Harold Smyrk

Personal information
- Born: September 16, 1889 Melbourne, Australia
- Died: November 10, 1956 (aged 67) Sydney, Australia

Sport
- Sport: Diving

= Harold Smyrk =

Australian-born British diver

Harold Nelson Smyrk (16 September 1889 – 10 November 1956) was an Australian diving champion who represented Great Britain at the 1908 Olympic Games in London.

==History==
Smyrk was born in Melbourne, where his father Herbert Moesbury Smyrk (1862 – 3 June 1947) was a stained-glass artist, a partner with one Charles Rogers as Smyrk & Rogers. The partnership dissolved in September 1888, and the family left for Adelaide to work for painter and decorator E. F. Troy (c. 1855–1910) of Gawler Place and Flinders Street.
He would later, as "Herbert Moesbury", achieve a little fame as a writer, Beardsley-esque illustrator and traveller with a special fondness for Tahiti.
For four or five years, they lived in the seaside suburb of Glenelg, which boasted a large marine swimming pool. His father was a good swimmer, and Harold an apt pupil, and soon became quite proficient, but diving, particularly the high dive, was where he excelled.

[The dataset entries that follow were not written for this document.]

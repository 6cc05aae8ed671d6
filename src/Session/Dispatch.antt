-- ===== src/Session/Dispatch.antt =====
-- src/session/mod.rs: how frames of the queue become a datagram. The heap is the list of what it holds,
-- and `BinaryHeap::pop` takes a greatest element, which is a frame of least weight; which one it takes
-- among equals is a parameter.
pub mod Pick
pub mod Build
pub mod Whole
pub mod Reference
mod Tests
use raknet_rust.Common.{
  ℕ, zero, suc, ◌+◌, ◌-◌, ◌≤◌, ◌<◌, ◌≡◌, Bool, true, false, not, ◌&&◌, ◌||◌, ◌==◌, leb,
  if◌then◌else◌, List, [], ◌∷◌, ◌++◌, length, All, Option, none, some,
}
use raknet_rust.Common.Int.{saturating_add}
use raknet_rust.Common.Floats.{Floats}
use raknet_rust.Protocol.Constants.{raknet_datagram_header_size}
use raknet_rust.Protocol.Frame.{Frame}
use raknet_rust.Protocol.Datagram.{Datagram, datagram_of, frames}
use raknet_rust.Session.Outgoing.{QueuedFrame, Sender, is_idle}
use raknet_rust.Session.Congestion.{can_emit_new_reliable_datagram}
use raknet_rust.Session.Sent.{Sent, next_datagram_sequence, track_sent_reliable_datagram, is_empty}

unfoldable pub take_at : List QueuedFrame → ℕ → Option (QueuedFrame × List QueuedFrame)
take_at [] i = none
take_at (q ∷ qs) zero = some (q, qs)
take_at (q ∷ qs) (suc i) = elim (take_at qs i) [ none ↦ none | some (p, ps) ↦ some (p, q ∷ ps) ]

-- The place of the frame that `pop` takes.
pub record MinHeap : Type 0 where
  pub top : List QueuedFrame → ℕ
  pub top-lt : (h : List QueuedFrame) → 0 < length h → top h < length h
  pub top-least :
      (h : List QueuedFrame) (q : QueuedFrame) (rest : List QueuedFrame)
      → take_at h (top h) ≡ some (q, rest)
      → All (λ p. q.weight ≤ p.weight) rest

unfoldable pub fits : ℕ → Bool → ℕ → ℕ → QueuedFrame → Bool
fits mtu allow_reliable datagram_size remaining q =
    leb (saturating_add datagram_size q.encoded_size) mtu
    && leb q.encoded_size remaining
    && (allow_reliable || not q.is_reliable)

-- What a datagram holds while it is put together.
pub record Draft : Type 0 where
  pub frames : List Frame
  pub receipt_ids : List ℕ
  pub datagram_size : ℕ
  pub remaining : ℕ
  pub has_reliable : Bool
  pub has_split : Bool

abbrev pub contains : List ℕ → ℕ → Bool
contains [] id = false
contains (x ∷ xs) id = x == id || contains xs id

abbrev pub add_receipt : List ℕ → Option ℕ → List ℕ
add_receipt ids none = ids
add_receipt ids (some id) = if contains ids id then ids else ids ++ (id ∷ [])

unfoldable pub add_queued : Draft → QueuedFrame → Draft
add_queued g q = record {
  frames = g.frames ++ (q.frame ∷ []);
  receipt_ids = add_receipt g.receipt_ids q.receipt_id;
  datagram_size = g.datagram_size + q.encoded_size;
  remaining = g.remaining - q.encoded_size;
  has_reliable = g.has_reliable || q.is_reliable;
  has_split = g.has_split || q.frame.header.is_split;
}

abbrev pub empty_draft : ℕ → Draft
empty_draft remaining = record {
  frames = [];
  receipt_ids = [];
  datagram_size = raknet_datagram_header_size;
  remaining = remaining;
  has_reliable = false;
  has_split = false;
}

unfoldable pub take_out : Sender → QueuedFrame → List QueuedFrame → Sender
take_out s q rest = record s {
  outgoing_heap = rest;
  outgoing_queued_bytes = s.outgoing_queued_bytes - q.encoded_size;
}

-- VALID | CONTINUOUS_SEND or VALID | HAS_B_AND_AS.
abbrev pub data_flags : Bool → ℕ
data_flags continuous = if continuous then 0x88 else 0x84

abbrev pub no_frames : List Frame → Bool
no_frames [] = true
no_frames (f ∷ fs) = false

pub record Built (F : Type 0) : Type 0 where
  pub sender : Sender
  pub sent : Sent F
  pub remaining : ℕ
  pub datagram : Option Datagram

module _ ⦃h : MinHeap⦄ where
  abbrev pub pop : List QueuedFrame → Option (QueuedFrame × List QueuedFrame)
  pop heap = take_at heap (h.top heap)

  -- The loop, on fuel: the frame that is selected, and the heap behind the loop over the deferred.
  unfoldable pub pop_loop :
      ℕ
      → (QueuedFrame → Bool)
      → List QueuedFrame
      → List QueuedFrame
      → Option (Option QueuedFrame × List QueuedFrame)
  pop_loop zero test heap deferred = none
  pop_loop (suc fuel) test heap deferred = elim (pop heap) [
    | none ↦ some (none, heap ++ deferred)
    | some (q, rest) ↦ elim (test q) [
      | true ↦ some (some q, rest ++ deferred)
      | false ↦ pop_loop fuel test rest (deferred ++ (q ∷ []))
    ]
  ]

  unfoldable pub pop_next_frame_for_datagram :
      Sender → Bool → ℕ → ℕ → Option (Option QueuedFrame × List QueuedFrame)
  pop_next_frame_for_datagram s allow_reliable datagram_size remaining =
      pop_loop (length s.outgoing_heap + 1) (fits s.mtu allow_reliable datagram_size remaining)
        s.outgoing_heap []

  module _ {F : Type 0} ⦃d : Floats F⦄ where
    -- The loop of `build_data_datagram`, on fuel.
    unfoldable pub fill : ℕ → Sent F → Sender → Draft → Option (Sender × Draft)
    fill zero sent s g = none
    fill (suc fuel) sent s g =
        elim (pop_next_frame_for_datagram s
          (g.has_reliable
            || can_emit_new_reliable_datagram sent.congestion (length sent.sent_datagrams))
          g.datagram_size g.remaining) [
            | none ↦ none
            | some (none, heap) ↦ some (record s { outgoing_heap = heap }, g)
            | some (some q, heap) ↦ fill fuel sent (take_out s q heap) (add_queued g q)
          ]

    unfoldable pub track : Sent F → Datagram → Draft → ℕ → Sent F
    track sent datagram g now =
        if g.has_reliable || not (is_empty g.receipt_ids)
        then track_sent_reliable_datagram sent datagram now g.receipt_ids
        else sent

    unfoldable pub finish : Sent F → Sender → Draft → ℕ → Built F
    finish sent s g now =
        let (numbered, sequence) = next_datagram_sequence sent in
        let datagram =
          datagram_of (data_flags (not (is_idle s.outgoing_heap) || g.has_split)) sequence
            (frames g.frames) in
        if no_frames g.frames
        then record { sender = s; sent = sent; remaining = g.remaining; datagram = none }
        else record {
          sender = s;
          sent = track numbered datagram g now;
          remaining = g.remaining;
          datagram = some datagram;
        }

    -- `none` stands for a loop that does not end within the length of the queue.
    unfoldable pub build_data_datagram : Sent F → Sender → ℕ → ℕ → Option (Built F)
    build_data_datagram sent s now remaining =
        if is_idle s.outgoing_heap || remaining == 0
        then some record { sender = s; sent = sent; remaining = remaining; datagram = none }
        else elim (fill (length s.outgoing_heap + 1) sent s (empty_draft remaining)) [
          | none ↦ none
          | some (s, g) ↦ some (finish sent s g now)
        ]
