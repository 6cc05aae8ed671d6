-- ===== src/Session/Outgoing/Parts.antt =====
-- The frames that a payload becomes.
use raknet_rust.Common.{
  ℕ, zero, suc, ◌+◌, ◌≤◌, ◌≡◌, refl, subst, sym, ap, ◌∙◌, inl, inr, min, Bool, true, false, leb,
  if◌then◌else◌, List, [], ◌∷◌, ◌++◌, append-nil, get_or, map, append_assoc, length, length-append,
  take, drop, Option, none, some, Bool-cases, arith,
}
use raknet_rust.Common.Int.{max_u64, saturating_add}
use raknet_rust.Protocol.Sequence24.{Sequence24, next}
use raknet_rust.Protocol.Reliability.{Reliability, is_reliable}
use raknet_rust.Protocol.Frame.{Frame, encoded_size}
use raknet_rust.Session.Outgoing.{
  RakPriority, as_index, is_idle, QueuedFrame, Sender, PartContext, next_reliable_index,
  reliable_index_for, next_weight, push_outgoing_frame, part_of, enqueue_parts,
}

abbrev pub frames_of : List QueuedFrame → List Frame
frames_of qs = map (λ q. q.frame) qs

abbrev pub sum_sizes : List Frame → ℕ
sum_sizes [] = 0
sum_sizes (f ∷ fs) = encoded_size f + sum_sizes fs

abbrev pub queued_sizes : List QueuedFrame → ℕ
queued_sizes [] = 0
queued_sizes (q ∷ qs) = q.encoded_size + queued_sizes qs

-- The frames are put behind the queue, and are counted in its bytes.
pub record Pushed (s s' : Sender) (fs : List Frame) : Type 0 where
  pub frames : frames_of s'.outgoing_heap ≡ frames_of s.outgoing_heap ++ fs
  pub count : length s'.outgoing_heap ≡ length s.outgoing_heap + length fs
  pub sizes : queued_sizes s'.outgoing_heap ≡ queued_sizes s.outgoing_heap + sum_sizes fs
  pub bytes : s'.outgoing_queued_bytes ≡ saturating_add s.outgoing_queued_bytes (sum_sizes fs)
  pub max_frames : s'.outgoing_queue_max_frames ≡ s.outgoing_queue_max_frames
  pub max_bytes : s'.outgoing_queue_max_bytes ≡ s.outgoing_queue_max_bytes

frames_of-append : (xs ys : List QueuedFrame) → frames_of (xs ++ ys) ≡ frames_of xs ++ frames_of ys
frames_of-append [] ys = refl
frames_of-append (x ∷ xs) ys = ap (λ t. x.frame ∷ t) (frames_of-append xs ys)

pub queued_sizes-append :
    (xs ys : List QueuedFrame) → queued_sizes (xs ++ ys) ≡ queued_sizes xs + queued_sizes ys
queued_sizes-append [] ys = omega arith
queued_sizes-append (x ∷ xs) ys = omega (arith, queued_sizes-append xs ys)

pub sum_sizes-append : (xs ys : List Frame) → sum_sizes (xs ++ ys) ≡ sum_sizes xs + sum_sizes ys
sum_sizes-append [] ys = omega arith
sum_sizes-append (x ∷ xs) ys = omega (arith, sum_sizes-append xs ys)

pub Pushed-trans :
    (s s' s'' : Sender) (fs gs : List Frame)
    → Pushed s s' fs
    → Pushed s' s'' gs
    → Pushed s s'' (fs ++ gs)
Pushed-trans s s' s'' fs gs a b = record {
  frames = b.frames ∙ ap (λ t. t ++ gs) a.frames ∙ append_assoc (frames_of s.outgoing_heap) fs gs;
  count = omega (arith, a.count, b.count, length-append fs gs);
  sizes = omega (arith, a.sizes, b.sizes, sum_sizes-append fs gs);
  bytes = ground (arith, a.bytes, b.bytes, sum_sizes-append fs gs);
  max_frames = b.max_frames ∙ a.max_frames;
  max_bytes = b.max_bytes ∙ a.max_bytes;
}

pub record SameQueue (s s' : Sender) : Type 0 where
  pub heap : s'.outgoing_heap ≡ s.outgoing_heap
  pub bytes : s'.outgoing_queued_bytes ≡ s.outgoing_queued_bytes
  pub max_frames : s'.outgoing_queue_max_frames ≡ s.outgoing_queue_max_frames
  pub max_bytes : s'.outgoing_queue_max_bytes ≡ s.outgoing_queue_max_bytes

next_weight-SameQueue : (s : Sender) (p : RakPriority) → SameQueue s (next_weight s p).0
unfolding next_weight
next_weight-SameQueue s p = elim (Bool-cases (is_idle s.outgoing_heap)) [
  | inl t ↦ rw t record { heap = refl; bytes = refl; max_frames = refl; max_bytes = refl }
  | inr f ↦
      elim (Bool-cases (leb s.last_min_weight (get_or s.outgoing_next_weights (as_index p) 0))) [
        | inl t ↦
            rw (f, t) record { heap = refl; bytes = refl; max_frames = refl; max_bytes = refl }
        | inr g ↦
            rw (f, g) record { heap = refl; bytes = refl; max_frames = refl; max_bytes = refl }
      ]
]

pub push_outgoing_frame-Pushed :
    (s : Sender) (f : Frame) (p : RakPriority) (receipt : Option ℕ)
    → Pushed s (push_outgoing_frame s f p receipt) (f ∷ [])
unfolding push_outgoing_frame
push_outgoing_frame-Pushed s f p receipt =
    let same = next_weight-SameQueue s p in
    let before = (next_weight s p).0.outgoing_heap in
    record {
      frames = frames_of-append before _ ∙ ap (λ h. frames_of h ++ (f ∷ [])) same.heap;
      count = length-append before _ ∙ ap (λ h. length h + 1) same.heap;
      sizes =
          queued_sizes-append before _ ∙ ap (λ h. queued_sizes h + (encoded_size f + 0)) same.heap;
      bytes = ground (arith, same.bytes);
      max_frames = same.max_frames;
      max_bytes = same.max_bytes;
    }

next_weight_index :
    (s : Sender) (p : RakPriority)
    → (next_weight s p).0.reliable_write_index ≡ s.reliable_write_index
unfolding next_weight
next_weight_index s p = elim (Bool-cases (is_idle s.outgoing_heap)) [
  | inl t ↦ rw t refl
  | inr f ↦
      elim (Bool-cases (leb s.last_min_weight (get_or s.outgoing_next_weights (as_index p) 0))) [
        | inl t ↦ rw (f, t) refl
        | inr g ↦ rw (f, g) refl
      ]
]

pub push_outgoing_frame_index :
    (s : Sender) (f : Frame) (p : RakPriority) (receipt : Option ℕ)
    → (push_outgoing_frame s f p receipt).reliable_write_index ≡ s.reliable_write_index
unfolding push_outgoing_frame
push_outgoing_frame_index s f p receipt = next_weight_index s p

-- The reliable index of the next frame, and the index after it.
abbrev pub index_for : Reliability → Sequence24 → Option Sequence24
index_for rel i = if is_reliable rel then some i else none

abbrev pub index_after : Reliability → Sequence24 → Sequence24
index_after rel i = if is_reliable rel then next i else i

-- The parts of a payload: `left` of them, from number `idx` on.
unfoldable pub parts : ℕ → PartContext → ℕ → Sequence24 → List ℕ → List Frame
parts zero c idx i payload = []
parts (suc left) c idx i payload =
    let taken = min (length payload) c.max_split_payload in
    part_of c idx (index_for c.reliability i) (take taken payload)
    ∷ parts left c (idx + 1) (index_after c.reliability i) (drop taken payload)

pub SameQueue-Pushed :
    (s s' s'' : Sender) (fs : List Frame) → SameQueue s s' → Pushed s' s'' fs → Pushed s s'' fs
SameQueue-Pushed s s' s'' fs a b = record {
  frames = b.frames ∙ ap (λ h. frames_of h ++ fs) a.heap;
  count = b.count ∙ ap (λ h. length h + length fs) a.heap;
  sizes = b.sizes ∙ ap (λ h. queued_sizes h + sum_sizes fs) a.heap;
  bytes = b.bytes ∙ ap (λ n. saturating_add n (sum_sizes fs)) a.bytes;
  max_frames = b.max_frames ∙ a.max_frames;
  max_bytes = b.max_bytes ∙ a.max_bytes;
}

reliable_index_lem :
    (s : Sender) (rel : Reliability)
    → SameQueue s (reliable_index_for s rel).0
      × ((reliable_index_for s rel).1 ≡ index_for rel s.reliable_write_index)
      × ((reliable_index_for s rel).0.reliable_write_index ≡ index_after rel s.reliable_write_index)
unfolding reliable_index_for next_reliable_index
reliable_index_lem s rel = elim (Bool-cases (is_reliable rel)) [
  | inl t ↦
      rw t (record { heap = refl; bytes = refl; max_frames = refl; max_bytes = refl }, refl, refl)
  | inr f ↦
      rw f (record { heap = refl; bytes = refl; max_frames = refl; max_bytes = refl }, refl, refl)
]

-- A frame with the next reliable index, if it has one, is queued.
pub push_indexed :
    (s : Sender) (rel : Reliability) (make : Option Sequence24 → Frame) (p : RakPriority)
    (receipt : Option ℕ)
    → let (s', i) = reliable_index_for s rel in
      let s'' = push_outgoing_frame s' (make i) p receipt in
      Pushed s s'' (make (index_for rel s.reliable_write_index) ∷ [])
      × (i ≡ index_for rel s.reliable_write_index)
      × (s''.reliable_write_index ≡ index_after rel s.reliable_write_index)
push_indexed s rel make p receipt =
    let (same, index, after) = reliable_index_lem s rel in
    let s' = (reliable_index_for s rel).0 in
    let i = (reliable_index_for s rel).1 in
    let pushed = push_outgoing_frame-Pushed s' (make i) p receipt in
    (
      subst (λ j. Pushed s (push_outgoing_frame s' (make i) p receipt) (make j ∷ [])) index
          (SameQueue-Pushed s s' _ (make i ∷ []) same pushed),
      index,
      push_outgoing_frame_index s' (make i) p receipt ∙ after,
    )

reliable_sum :
    (b : Bool) (a a' n m : ℕ)
    → a ≡ a'
    → n ≡ (if b then m else 0)
    → (if b then a else 0) + n ≡ (if b then a' + m else 0)
reliable_sum true a a' n m e q = omega (arith, e, q)
reliable_sum false a a' n m e q = omega (arith, q)

-- The loop queues the parts of the payload, and counts their bytes if they are reliable.
pub enqueue_parts-Pushed :
    (left : ℕ) (c : PartContext) (idx : ℕ) (s : Sender) (payload : List ℕ)
    → s.outgoing_queued_bytes ≤ max_u64
    → let fs = parts left c idx s.reliable_write_index payload in
      Pushed s (enqueue_parts left c idx s payload).0 fs
      × ((enqueue_parts left c idx s payload).1
          ≡ (if is_reliable c.reliability then sum_sizes fs else 0))
unfolding enqueue_parts parts
enqueue_parts-Pushed zero c idx s payload h = (
  record {
    frames = sym (append-nil (frames_of s.outgoing_heap));
    count = omega arith;
    sizes = omega arith;
    bytes = ground arith;
    max_frames = refl;
    max_bytes = refl;
  },
  ground arith,
)
enqueue_parts-Pushed (suc left) c idx s payload h =
    let taken = min (length payload) c.max_split_payload in
    let make : Option Sequence24 → Frame = λ i. part_of c idx i (take taken payload) in
    let (pushed, index, after) = push_indexed s c.reliability make c.priority c.receipt_id in
    let i = (reliable_index_for s c.reliability).1 in
    let s'' =
      push_outgoing_frame (reliable_index_for s c.reliability).0 (make i) c.priority c.receipt_id in
    let (later, sum) =
      enqueue_parts-Pushed left c (idx + 1) s'' (drop taken payload)
        (ground (arith, pushed.bytes)) in
    let first = make (index_for c.reliability s.reliable_write_index) in
    let rest : Sequence24 → List Frame = λ j. parts left c (idx + 1) j (drop taken payload) in
    (
      subst
          (λ j.
            Pushed s (enqueue_parts left c (idx + 1) s'' (drop taken payload)).0 (first ∷ rest j))
          after (Pushed-trans s s'' _ (first ∷ []) (rest s''.reliable_write_index) pushed later),
      reliable_sum (is_reliable c.reliability) (encoded_size (make i)) (encoded_size first) _ _
          (ap (λ j. encoded_size (make j)) index)
          (sum ∙ ap (λ j. if is_reliable c.reliability then sum_sizes (rest j) else 0) after),
    )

The family left for London around March 1898, to the regret of members of the Adelaide Easel Club, of which his father had been an active member. but a year later his imminent return to Australia was reported, his father having apparently not enjoyed the acceptance he had been hoping for. His mother, Laura Elizabeth Smyrk, died in 1902.

They didn't return to Adelaide, but Sydney and Smyrk joined the South Sydney Swimming Club, winning numerous diving championships. and in 1903 moved to England, residing at Kingston-on-Thames, and Smyrk joined the Cygnus Swimming Club. In 1905 he won a silver cup presented by Sir Claude de Crespigny.

Smyrk, who was several times remarked on for his diminutive size, represented Great Britain in diving at the 1906 Olympiad at Athens, and the 1908 Olympic Games in London, but failed to reach the finals.

Smyrk returned to Australia, and by 1915, he was a resident of Glenelg, where he started a diving club in 1918. While in Adelaide he was active in swimming organizations, and was a competitive golfer.

Smyrk married Ivy Powell of St Peters, South Australia on 31 December 1916; they lived in Adelaide until around 1930 and divorced in Sydney in 1933.

In 1951 he had a cottage on The Esplanade, Warringah, Sydney.